■ Aim of the exercise
In the data below, find every line with the string "refl" and pull it out.
___ Data supplied
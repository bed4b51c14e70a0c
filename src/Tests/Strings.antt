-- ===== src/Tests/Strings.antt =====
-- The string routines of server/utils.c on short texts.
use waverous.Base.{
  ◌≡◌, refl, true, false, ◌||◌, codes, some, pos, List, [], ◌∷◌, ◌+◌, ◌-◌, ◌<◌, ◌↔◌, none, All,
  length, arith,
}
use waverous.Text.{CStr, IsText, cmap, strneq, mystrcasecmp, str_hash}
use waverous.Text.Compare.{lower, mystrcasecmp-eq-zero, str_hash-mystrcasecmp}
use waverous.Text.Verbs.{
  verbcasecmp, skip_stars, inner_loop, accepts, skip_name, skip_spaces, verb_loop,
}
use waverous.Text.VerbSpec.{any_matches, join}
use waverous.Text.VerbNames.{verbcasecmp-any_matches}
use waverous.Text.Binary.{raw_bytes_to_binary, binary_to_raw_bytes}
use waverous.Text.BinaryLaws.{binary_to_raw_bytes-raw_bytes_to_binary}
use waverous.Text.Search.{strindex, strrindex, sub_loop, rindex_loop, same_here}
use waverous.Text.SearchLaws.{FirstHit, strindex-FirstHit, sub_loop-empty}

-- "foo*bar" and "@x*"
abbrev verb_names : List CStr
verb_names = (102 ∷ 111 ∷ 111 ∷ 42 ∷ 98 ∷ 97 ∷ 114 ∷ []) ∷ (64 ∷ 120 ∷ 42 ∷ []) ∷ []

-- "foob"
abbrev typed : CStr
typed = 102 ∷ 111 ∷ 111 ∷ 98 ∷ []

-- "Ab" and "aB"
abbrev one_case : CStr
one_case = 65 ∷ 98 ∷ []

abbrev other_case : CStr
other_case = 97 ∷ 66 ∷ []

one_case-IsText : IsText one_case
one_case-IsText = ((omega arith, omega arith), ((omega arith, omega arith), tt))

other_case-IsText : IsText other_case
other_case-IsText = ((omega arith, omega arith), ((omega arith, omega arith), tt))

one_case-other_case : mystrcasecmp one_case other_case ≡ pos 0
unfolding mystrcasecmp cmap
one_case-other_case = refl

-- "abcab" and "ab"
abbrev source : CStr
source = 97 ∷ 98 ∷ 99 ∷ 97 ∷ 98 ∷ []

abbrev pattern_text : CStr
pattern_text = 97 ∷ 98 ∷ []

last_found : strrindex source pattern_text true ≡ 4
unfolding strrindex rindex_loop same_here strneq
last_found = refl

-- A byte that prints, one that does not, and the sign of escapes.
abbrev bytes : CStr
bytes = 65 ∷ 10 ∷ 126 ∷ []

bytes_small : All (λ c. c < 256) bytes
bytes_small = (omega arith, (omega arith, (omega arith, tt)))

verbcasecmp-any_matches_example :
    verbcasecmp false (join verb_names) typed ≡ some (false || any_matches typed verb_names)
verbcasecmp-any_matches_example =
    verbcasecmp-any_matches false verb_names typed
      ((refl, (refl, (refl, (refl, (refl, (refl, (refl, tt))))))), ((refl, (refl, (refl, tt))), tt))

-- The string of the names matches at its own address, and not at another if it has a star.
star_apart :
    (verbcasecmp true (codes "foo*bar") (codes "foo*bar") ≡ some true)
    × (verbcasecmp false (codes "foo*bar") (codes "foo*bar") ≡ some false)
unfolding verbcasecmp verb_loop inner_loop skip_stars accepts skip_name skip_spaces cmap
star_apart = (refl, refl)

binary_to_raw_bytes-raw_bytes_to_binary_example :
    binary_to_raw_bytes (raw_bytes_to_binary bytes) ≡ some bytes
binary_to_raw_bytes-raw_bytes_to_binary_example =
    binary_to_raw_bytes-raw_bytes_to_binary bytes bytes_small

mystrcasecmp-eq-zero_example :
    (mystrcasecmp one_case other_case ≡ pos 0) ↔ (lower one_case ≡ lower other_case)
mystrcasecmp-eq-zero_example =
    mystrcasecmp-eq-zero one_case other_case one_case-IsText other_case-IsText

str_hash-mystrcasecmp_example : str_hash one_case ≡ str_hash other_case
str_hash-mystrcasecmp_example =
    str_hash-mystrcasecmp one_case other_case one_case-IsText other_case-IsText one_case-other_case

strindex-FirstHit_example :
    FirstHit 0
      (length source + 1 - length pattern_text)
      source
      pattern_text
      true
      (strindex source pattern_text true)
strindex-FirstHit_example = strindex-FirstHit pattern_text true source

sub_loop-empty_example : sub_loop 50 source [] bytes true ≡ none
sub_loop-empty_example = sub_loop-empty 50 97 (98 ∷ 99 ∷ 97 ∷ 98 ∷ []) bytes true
______
___ Data supplied
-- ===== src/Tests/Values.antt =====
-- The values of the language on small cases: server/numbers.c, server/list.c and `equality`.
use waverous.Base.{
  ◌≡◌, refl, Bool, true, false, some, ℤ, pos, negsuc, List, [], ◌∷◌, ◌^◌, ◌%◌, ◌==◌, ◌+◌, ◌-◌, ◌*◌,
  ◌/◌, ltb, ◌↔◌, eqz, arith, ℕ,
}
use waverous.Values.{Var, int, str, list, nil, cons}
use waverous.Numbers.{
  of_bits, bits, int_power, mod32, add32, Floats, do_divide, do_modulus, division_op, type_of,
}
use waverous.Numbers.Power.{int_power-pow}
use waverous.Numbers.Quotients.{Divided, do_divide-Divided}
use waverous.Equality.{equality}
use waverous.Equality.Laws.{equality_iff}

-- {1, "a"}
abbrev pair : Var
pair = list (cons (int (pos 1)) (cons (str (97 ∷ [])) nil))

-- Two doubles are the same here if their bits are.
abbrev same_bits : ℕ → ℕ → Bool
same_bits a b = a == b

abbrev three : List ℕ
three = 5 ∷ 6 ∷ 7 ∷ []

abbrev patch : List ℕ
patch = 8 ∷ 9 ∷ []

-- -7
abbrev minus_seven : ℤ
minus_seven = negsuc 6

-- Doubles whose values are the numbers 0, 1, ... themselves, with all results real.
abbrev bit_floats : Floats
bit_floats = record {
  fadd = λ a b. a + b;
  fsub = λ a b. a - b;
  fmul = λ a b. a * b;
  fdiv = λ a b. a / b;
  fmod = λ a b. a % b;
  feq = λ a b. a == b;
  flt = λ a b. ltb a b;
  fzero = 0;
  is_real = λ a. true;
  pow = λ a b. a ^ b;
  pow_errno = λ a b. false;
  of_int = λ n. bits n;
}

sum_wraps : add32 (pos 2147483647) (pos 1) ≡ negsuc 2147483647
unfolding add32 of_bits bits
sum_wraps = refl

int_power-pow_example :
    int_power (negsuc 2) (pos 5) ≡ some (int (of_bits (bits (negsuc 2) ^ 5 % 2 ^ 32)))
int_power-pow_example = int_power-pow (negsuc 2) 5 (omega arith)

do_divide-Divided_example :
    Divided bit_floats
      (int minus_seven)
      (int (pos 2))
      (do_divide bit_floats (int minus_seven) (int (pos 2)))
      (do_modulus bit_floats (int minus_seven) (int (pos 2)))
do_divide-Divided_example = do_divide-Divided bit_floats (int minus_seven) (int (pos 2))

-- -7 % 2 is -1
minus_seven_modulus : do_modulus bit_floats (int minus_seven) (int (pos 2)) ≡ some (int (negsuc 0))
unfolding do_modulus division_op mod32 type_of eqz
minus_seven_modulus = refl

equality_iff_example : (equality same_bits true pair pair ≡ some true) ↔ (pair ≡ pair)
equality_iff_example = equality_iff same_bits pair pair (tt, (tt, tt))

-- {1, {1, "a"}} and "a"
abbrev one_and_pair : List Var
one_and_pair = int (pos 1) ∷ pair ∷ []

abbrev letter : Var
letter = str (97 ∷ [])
______
■ Written solution
  ◌≡◌, refl, true, false, ◌||◌, codes, some, pos, List, [], ◌∷◌, ◌+◌, ◌-◌, ◌<◌, ◌↔◌, none, All,
one_case-other_case = refl
last_found = refl
      ((refl, (refl, (refl, (refl, (refl, (refl, (refl, tt))))))), ((refl, (refl, (refl, tt))), tt))
star_apart = (refl, refl)
  ◌≡◌, refl, Bool, true, false, some, ℤ, pos, negsuc, List, [], ◌∷◌, ◌^◌, ◌%◌, ◌==◌, ◌+◌, ◌-◌, ◌*◌,
sum_wraps = refl
minus_seven_modulus = refl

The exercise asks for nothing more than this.